Task goal
Starting at the line containing "bind_ok (host_of w (some" and ending at the line containing "(x.globals.ip_src ≡ s.globals.ip_src))", print every line of the material below exactly, both ends included, and stop there.

Data for this exercise Block Start

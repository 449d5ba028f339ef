-- ===== src/Main/Steps.antt =====
-- What each step of `main` of aping.c leaves alone and ensures, from the tests of the options on.
use mathlib.Core.Path.{subst}
use aping.Base.{
  ℕ, List, [], ◌∷◌, Bool, true, false, not, ◌&&◌, Option, none, some, ◌==◌, if◌then◌else◌, ◌≡◌,
  refl, sym, ap, ◌∙◌, ◌⊎◌, inl, inr, Bool-cases, arith,
}
use aping.Base.Text.{Text}
use aping.Base.Outcome.{ok, fatal, Fault, ◌>>=◌, bind_ok}
use aping.NsCache.{Cache, Resolver, gethostbyname_cache, failed}
use aping.NsCache.Transparent.{NamesAgree, resolve, gethostbyname_cache-transparent}
use aping.Iface.{get_first_hop, gethostbyif}
use aping.Main.{Setting, set_globals}
use aping.Main.Setup.{World, host_of, resolve_source, resolve_destination, choose_source}

-- The resolver leaves `allow_reverse` alone.
gethostbyname_cache-allow_reverse :
    (r : Resolver) (today : ℕ) (h : Option Text) (c : Cache)
    → (gethostbyname_cache r today h c).1.allow_reverse ≡ c.allow_reverse
unfolding gethostbyname_cache
gethostbyname_cache-allow_reverse r today none c = refl
gethostbyname_cache-allow_reverse r today (some h) c = ground arith

-- What the resolver gives for a host.
abbrev pub address_of : Resolver → Option Text → ℕ
address_of r none = failed
address_of r (some h) = resolve r h

gethostbyname_cache-address_of :
    (r : Resolver) (today : ℕ) (h : Option Text) (c : Cache)
    → NamesAgree r c
    → ((gethostbyname_cache r today h c).0 ≡ address_of r h)
      × NamesAgree r (gethostbyname_cache r today h c).1
unfolding gethostbyname_cache
gethostbyname_cache-address_of r today none c agree = (refl, agree)
gethostbyname_cache-address_of r today (some h) c agree =
    gethostbyname_cache-transparent r today h c agree

-- What `host_of` returns with a result.
record Hosted (w : World) (host : Option Text) (s : Setting) (p : ℕ × Setting) : Type 0 where
  good : (p.0 == failed) ≡ false
  answer : gethostbyname_cache w.resolver w.today host s.cache ≡ (p.0, p.1.cache)
  kept : p.1 ≡ record s { cache = p.1.cache }

passed {ℓ} :
    {A : Type ℓ} (b : Bool) (e : Fault) (x y : A)
    → (if b then fatal e else ok x) ≡ ok y
    → (b ≡ false) × (x ≡ y)
passed true e x y h = cc
passed false e x y h = (refl, cc)

host_of-Hosted :
    (w : World) (host : Option Text) (e : Fault) (s : Setting) (p : ℕ × Setting)
    → host_of w host e s ≡ ok p
    → Hosted w host s p
unfolding host_of
host_of-Hosted w host e s p h =
    let q = gethostbyname_cache w.resolver w.today host s.cache in
    let (f, e) = passed (q.0 == failed) e (q.0, record s { cache = q.1 }) p h in
    subst (Hosted w host s) e (record { good = f; answer = refl; kept = refl })

-- The fields that a step leaves alone.
pub record Kept (s s' : Setting) : Type 0 where
  pub options : s'.globals.options ≡ s.globals.options
  pub reverse : s'.cache.allow_reverse ≡ s.cache.allow_reverse
  pub source_name : s'.host_src ≡ s.host_src

Kept-refl : (s : Setting) → Kept s s
Kept-refl s = record { options = refl; reverse = refl; source_name = refl }

pub Kept-trans : (a b c : Setting) → Kept a b → Kept b c → Kept a c
Kept-trans a b c h k = record {
  options = k.options ∙ h.options;
  reverse = k.reverse ∙ h.reverse;
  source_name = k.source_name ∙ h.source_name;
}

Hosted-reverse :
    (w : World) (host : Option Text) (s : Setting) (p : ℕ × Setting)
    → Hosted w host s p
    → p.1.cache.allow_reverse ≡ s.cache.allow_reverse
Hosted-reverse w host s p h =
    sym (ap (λ q. q.1.allow_reverse) h.answer)
    ∙ gethostbyname_cache-allow_reverse w.resolver w.today host s.cache

Hosted-address_of :
    (w : World) (host : Option Text) (s : Setting) (p : ℕ × Setting)
    → Hosted w host s p
    → NamesAgree w.resolver s.cache
    → (p.0 ≡ address_of w.resolver host) × NamesAgree w.resolver p.1.cache
Hosted-address_of w host s p h agree =
    let (e, agree') = gethostbyname_cache-address_of w.resolver w.today host s.cache agree in
    (sym (ap (λ q. q.0) h.answer) ∙ e, subst (λ q. NamesAgree w.resolver q.1) h.answer agree')

ok_eq {ℓ} : {A : Type ℓ} {a b : A} → ok a ≡ ok b → a ≡ b
ok_eq h = cc

and_false : (b : Bool) → b && false ≡ false
and_false true = refl
and_false false = refl

module _ (w : World) where
  source_given :
      (s : Setting)
      → s.globals.options.ip_src ≡ true
      → resolve_source w s ≡ (
          host_of w s.host_src Fault.bad_source s >>= λ p.
          ok (set_globals (λ g. record g { ip_src = p.0 }) p.1))
  unfolding resolve_source
  source_given s h = rw h refl

  source_absent : (s : Setting) → s.globals.options.ip_src ≡ false → resolve_source w s ≡ ok s
  unfolding resolve_source
  source_absent s h = rw h refl

  -- After the source: where it was given, it is the address of its host.
  abbrev Sourced : Setting → Setting → Type 0
  Sourced s x =
      Kept s x
      × (x.globals.options.ip_src && (x.globals.ip_src == failed) ≡ false)
      × NamesAgree w.resolver x.cache
      × ((s.globals.options.ip_src ≡ false) ⊎ (x.globals.ip_src ≡ address_of w.resolver s.host_src))

  pub resolve_source-ok :
      (s s1 : Setting) → NamesAgree w.resolver s.cache → resolve_source w s ≡ ok s1 → Sourced s s1
  resolve_source-ok s s1 agree h = elim (Bool-cases s.globals.options.ip_src) [
    | inl t ↦
        let (p, e, h1) =
          bind_ok (host_of w s.host_src Fault.bad_source s) _ s1 (sym (source_given s t) ∙ h) in
        let q = host_of-Hosted w s.host_src Fault.bad_source s p e in
        let (address, agree') = Hosted-address_of w s.host_src s p q agree in
        subst (Sourced s) (ok_eq h1) (
          record {
            options = ap (λ x. x.globals.options) q.kept;
            reverse = Hosted-reverse w s.host_src s p q;
            source_name = ap (λ x. x.host_src) q.kept;
          },
          rw q.good (and_false p.1.globals.options.ip_src),
          agree',
          inr address,
        )
    | inr f ↦
        subst (Sourced s) (ok_eq (sym (source_absent s f) ∙ h))
          (Kept-refl s, rw f refl, agree, inl f)
  ]

  -- The destination is the address of the first argument, if there is one.
  abbrev pub IsTarget : List Text → ℕ → Type 0
  IsTarget [] a = Unit
  IsTarget (host ∷ argv) a = a ≡ address_of w.resolver (some host)

  -- After the destination: it is an address, unless the run sniffs; the source stays.
  abbrev Reaches : List Text → Setting → Setting → Type 0
  Reaches argv s x =
      Kept s x
      × (x.globals.ip_src ≡ s.globals.ip_src)
      × (not x.globals.options.sniff && (x.globals.ip_dst == failed) ≡ false)
      × IsTarget argv x.globals.ip_dst

  no_host : (s : Setting) → s.globals.options.sniff ≡ true → resolve_destination w [] s ≡ ok s
  unfolding resolve_destination
  no_host s h = rw h refl

  no_host_no_sniff :
      (s : Setting)
      → s.globals.options.sniff ≡ false
      → resolve_destination w [] s ≡ fatal Fault.no_destination
  unfolding resolve_destination
  no_host_no_sniff s h = rw h refl

  host_given :
      (host : Text) (argv : List Text) (s : Setting)
      → resolve_destination w (host ∷ argv) s ≡ (
          host_of w (some host) Fault.bad_host s >>= λ p.
          ok (set_globals (λ g. record g { ip_dst = p.0 }) p.1))
  unfolding resolve_destination
  host_given host argv s = refl

  pub resolve_destination-ok :
      (argv : List Text) (s s1 : Setting)
      → NamesAgree w.resolver s.cache
      → resolve_destination w argv s ≡ ok s1
      → Reaches argv s s1
  resolve_destination-ok [] s s1 agree h = elim (Bool-cases s.globals.options.sniff) [
    | inl t ↦
        subst (Reaches [] s) (ok_eq (sym (no_host s t) ∙ h)) (Kept-refl s, refl, rw t refl, tt)
    | inr f ↦ let e = sym (no_host_no_sniff s f) ∙ h in cc
  ]
  resolve_destination-ok (host ∷ argv) s s1 agree h =
      let (p, e, h1) =
        bind_ok (host_of w (some host) Fault.bad_host s) _ s1 (sym (host_given host argv s) ∙ h) in
      let q = host_of-Hosted w (some host) Fault.bad_host s p e in
      subst (Reaches (host ∷ argv) s) (ok_eq h1) (
        record {
          options = ap (λ x. x.globals.options) q.kept;
          reverse = Hosted-reverse w (some host) s p q;
          source_name = ap (λ x. x.host_src) q.kept;
        },
        ap (λ x. x.globals.ip_src) q.kept,
        rw q.good (and_false (not p.1.globals.options.sniff)),
        (Hosted-address_of w (some host) s p q agree).0,
      )

  -- The source that `choose_source` takes: the address of the host of `-S`, that of the interface of `-e`,
  -- or that of the first hop, with its interface.
  abbrev pub Chosen : Setting → Type 0
  Chosen x =
      ((x.globals.options.ip_src ≡ true) × (x.globals.ip_src ≡ address_of w.resolver x.host_src))
      ⊎ (((x.globals.options.ifname ≡ true) × (gethostbyif w.system x.ifname ≡ ok x.globals.ip_src))
          ⊎ (get_first_hop w.system x.globals.ip_dst ≡ ok (x.globals.ip_src, x.ifname)))

  abbrev Chooses : Setting → Setting → Type 0
  Chooses s x =
      Kept s x
      × (x.globals.ip_dst ≡ s.globals.ip_dst)
      × Chosen x
      × ((s.globals.options.ip_src ≡ false) ⊎ (x.globals.ip_src ≡ s.globals.ip_src))

  chosen_given : (s : Setting) → s.globals.options.ip_src ≡ true → choose_source w s ≡ ok s
  unfolding choose_source
  chosen_given s h = rw h refl

  chosen_device :
      (s : Setting)
      → s.globals.options.ip_src ≡ false
      → s.globals.options.ifname ≡ true
      → choose_source w s
        ≡ (gethostbyif w.system s.ifname >>= λ a. ok (set_globals (λ g. record g { ip_src = a }) s))
  unfolding choose_source
  chosen_device s h k = rw (h, k) refl

  chosen_hop :
      (s : Setting)
      → s.globals.options.ip_src ≡ false
      → s.globals.options.ifname ≡ false
      → choose_source w s ≡ (
          get_first_hop w.system s.globals.ip_dst >>= λ p.
          ok (record (set_globals (λ g. record g { ip_src = p.0 }) s) { ifname = p.1 }))
  unfolding choose_source
  chosen_hop s h k = rw (h, k) refl

  pub choose_source-ok :
      (s s1 : Setting)
      → (s.globals.options.ip_src ≡ false) ⊎ (s.globals.ip_src ≡ address_of w.resolver s.host_src)
      → choose_source w s ≡ ok s1
      → Chooses s s1
  choose_source-ok s s1 from h = elim (Bool-cases s.globals.options.ip_src) [
    | inl t ↦
        subst (Chooses s) (ok_eq (sym (chosen_given s t) ∙ h))
          (Kept-refl s, refl, inl (t, given t from), inr refl)
    | inr f ↦ elim (Bool-cases s.globals.options.ifname) [
      | inl t ↦
          let (a, e, h1) =
            bind_ok (gethostbyif w.system s.ifname) _ s1 (sym (chosen_device s f t) ∙ h) in
          subst (Chooses s) (ok_eq h1) (
            record { options = refl; reverse = refl; source_name = refl },
            refl,
            inr (inl (t, e)),
            inl f,
          )
      | inr t ↦
          let (p, e, h1) =
            bind_ok (get_first_hop w.system s.globals.ip_dst) _ s1 (sym (chosen_hop s f t) ∙ h) in
          subst (Chooses s) (ok_eq h1) (
            record { options = refl; reverse = refl; source_name = refl },
            refl,
            inr (inr e),
            inl f,
          )
    ]
  ]
    where
      given : {b : Bool} {A : Type 0} → b ≡ true → (b ≡ false) ⊎ A → A
      given t (inl f) = absurd (different (sym t ∙ f))
        where
          different : ◌≡◌ {A = Bool} true false → ⊥
          different e = cc
      given t (inr a) = a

Data for this exercise Block End

Exercise answer
        bind_ok (host_of w (some host) Fault.bad_host s) _ s1 (sym (host_given host argv s) ∙ h) in
      let q = host_of-Hosted w (some host) Fault.bad_host s p e in
      subst (Reaches (host ∷ argv) s) (ok_eq h1) (
        record {
          options = ap (λ x. x.globals.options) q.kept;
          reverse = Hosted-reverse w (some host) s p q;
          source_name = ap (λ x. x.host_src) q.kept;
        },
        ap (λ x. x.globals.ip_src) q.kept,
        rw q.good (and_false (not p.1.globals.options.sniff)),
        (Hosted-address_of w (some host) s p q agree).0,
      )

  -- The source that `choose_source` takes: the address of the host of `-S`, that of the interface of `-e`,
  -- or that of the first hop, with its interface.
  abbrev pub Chosen : Setting → Type 0
  Chosen x =
      ((x.globals.options.ip_src ≡ true) × (x.globals.ip_src ≡ address_of w.resolver x.host_src))
      ⊎ (((x.globals.options.ifname ≡ true) × (gethostbyif w.system x.ifname ≡ ok x.globals.ip_src))
          ⊎ (get_first_hop w.system x.globals.ip_dst ≡ ok (x.globals.ip_src, x.ifname)))

  abbrev Chooses : Setting → Setting → Type 0
  Chooses s x =
      Kept s x
      × (x.globals.ip_dst ≡ s.globals.ip_dst)
      × Chosen x
      × ((s.globals.options.ip_src ≡ false) ⊎ (x.globals.ip_src ≡ s.globals.ip_src))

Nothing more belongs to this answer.